What you have to do: After finding the line with "of a batch." in the data below, set down exactly each line through the one with "copy_bitmap_all nrows none h = refl", inclusive, and stop there.

*** Information supplied ***

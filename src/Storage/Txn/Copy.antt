-- ===== src/Storage/Txn/Copy.antt =====
-- `colbatch_copy` of lib/storage/txn.c: what a transaction keeps of a batch.
use mathlib.Core.Option
use napastak.Base.{
  ℕ, ◌+◌, ◌≡◌, refl, Option, none, some, List, [], ◌∷◌, arith, take, length, take_all, ap, ap₂,
}
use napastak.Storage.Batch.{
  ColType, int64, double, bool, Values, words, strings, rows, null_bm_bytes, ColDef, BatchColumn,
  ColBatch, column_type, copy_values, copy_columns, copy_schema, colbatch_copy,
}

-- Integers and doubles are words, all else is text.
abbrev pub Fits : ColType → Values → Type 0
Fits int64 (words vs) = Unit
Fits bool (words vs) = Unit
Fits double (words vs) = Unit
Fits int64 (strings vs) = ⊥
Fits bool (strings vs) = ⊥
Fits double (strings vs) = ⊥
Fits _ (strings vs) = Unit
Fits _ (words vs) = ⊥

abbrev pub BitmapFits : ℕ → Option (List ℕ) → Type 0
BitmapFits nrows none = Unit
BitmapFits nrows (some bm) = length bm ≡ null_bm_bytes nrows

abbrev pub ValuesFit : ColType → ℕ → Option Values → Type 0
ValuesFit type nrows none = Unit
ValuesFit type nrows (some vs) = Fits type vs × (rows vs ≡ nrows)

-- Each column from column `c` on holds `nrows` rows of the kind that the schema says.
abbrev pub ColumnsFit : Option (List ColDef) → ℕ → ℕ → List BatchColumn → Type 0
ColumnsFit schema nrows c [] = Unit
ColumnsFit schema nrows c (b ∷ bs) =
    BitmapFits nrows b.null_bitmap
    × ValuesFit (column_type schema c) nrows b.values
    × ColumnsFit schema nrows (c + 1) bs

copy_bitmap_all :
    (nrows : ℕ) (bm : Option (List ℕ))
    → BitmapFits nrows bm
    → Option.map (take (null_bm_bytes nrows)) bm ≡ bm
copy_bitmap_all nrows none h = refl
copy_bitmap_all nrows (some bm) h = ap some (take_all (null_bm_bytes nrows) bm (omega (arith, h)))

copy_values_all :
    (type : ColType) (nrows : ℕ) (vs : Values)
    → Fits type vs
    → rows vs ≡ nrows
    → copy_values type nrows vs ≡ vs
unfolding copy_values
copy_values_all int64 nrows (words vs) f h = ap words (take_all nrows vs (omega (arith, h)))
copy_values_all bool nrows (words vs) f h = ap words (take_all nrows vs (omega (arith, h)))
copy_values_all double nrows (words vs) f h = ap words (take_all nrows vs (omega (arith, h)))
copy_values_all int64 nrows (strings vs) f h = absurd f
copy_values_all bool nrows (strings vs) f h = absurd f
copy_values_all double nrows (strings vs) f h = absurd f
copy_values_all _ nrows (strings vs) f h = ap strings (take_all nrows vs (omega (arith, h)))
copy_values_all _ nrows (words vs) f h = absurd f

copy_value_all :
    (type : ColType) (nrows : ℕ) (v : Option Values)
    → ValuesFit type nrows v
    → Option.map (copy_values type nrows) v ≡ v
copy_value_all type nrows none h = refl
copy_value_all type nrows (some vs) h = ap some (copy_values_all type nrows vs h.0 h.1)

copy_columns_all :
    (schema : Option (List ColDef)) (nrows c : ℕ) (bs : List BatchColumn)
    → ColumnsFit schema nrows c bs
    → copy_columns schema nrows c bs ≡ bs
unfolding copy_columns
copy_columns_all schema nrows c [] h = refl
copy_columns_all schema nrows c (b ∷ bs) h = rw (
  copy_bitmap_all nrows b.null_bitmap h.0,
  copy_value_all (column_type schema c) nrows b.values h.1,
  copy_columns_all schema nrows (c + 1) bs h.2,
)

copy_schema_all : (ds : List ColDef) → copy_schema ds ≡ ds
unfolding copy_schema
copy_schema_all [] = refl
copy_schema_all (d ∷ ds) = ap (λ r. d ∷ r) (copy_schema_all ds)

-- The copy of a batch whose columns fit its number of rows and its schema is that batch.
pub colbatch_copy_all :
    (b : ColBatch) → ColumnsFit b.schema b.nrows 0 b.columns → colbatch_copy b ≡ b
unfolding colbatch_copy
colbatch_copy_all b h =
    ap₂
      (λ (s : Option (List ColDef)) (cs : List BatchColumn). record b { schema = s; columns = cs })
      (schema_all b.schema) (copy_columns_all b.schema b.nrows 0 b.columns h)
  where
    schema_all : (s : Option (List ColDef)) → Option.map copy_schema s ≡ s
    schema_all none = refl
    schema_all (some ds) = ap some (copy_schema_all ds)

***

Worked solution:
-- `colbatch_copy` of lib/storage/txn.c: what a transaction keeps of a batch.
use mathlib.Core.Option
use napastak.Base.{
  ℕ, ◌+◌, ◌≡◌, refl, Option, none, some, List, [], ◌∷◌, arith, take, length, take_all, ap, ap₂,
}
use napastak.Storage.Batch.{
  ColType, int64, double, bool, Values, words, strings, rows, null_bm_bytes, ColDef, BatchColumn,
  ColBatch, column_type, copy_values, copy_columns, copy_schema, colbatch_copy,
}

-- Integers and doubles are words, all else is text.
abbrev pub Fits : ColType → Values → Type 0
Fits int64 (words vs) = Unit
Fits bool (words vs) = Unit
Fits double (words vs) = Unit
Fits int64 (strings vs) = ⊥
Fits bool (strings vs) = ⊥
Fits double (strings vs) = ⊥
Fits _ (strings vs) = Unit
Fits _ (words vs) = ⊥

abbrev pub BitmapFits : ℕ → Option (List ℕ) → Type 0
BitmapFits nrows none = Unit
BitmapFits nrows (some bm) = length bm ≡ null_bm_bytes nrows

abbrev pub ValuesFit : ColType → ℕ → Option Values → Type 0
ValuesFit type nrows none = Unit
ValuesFit type nrows (some vs) = Fits type vs × (rows vs ≡ nrows)

-- Each column from column `c` on holds `nrows` rows of the kind that the schema says.
abbrev pub ColumnsFit : Option (List ColDef) → ℕ → ℕ → List BatchColumn → Type 0
ColumnsFit schema nrows c [] = Unit
ColumnsFit schema nrows c (b ∷ bs) =
    BitmapFits nrows b.null_bitmap
    × ValuesFit (column_type schema c) nrows b.values
    × ColumnsFit schema nrows (c + 1) bs

copy_bitmap_all :
    (nrows : ℕ) (bm : Option (List ℕ))
    → BitmapFits nrows bm
    → Option.map (take (null_bm_bytes nrows)) bm ≡ bm
copy_bitmap_all nrows none h = refl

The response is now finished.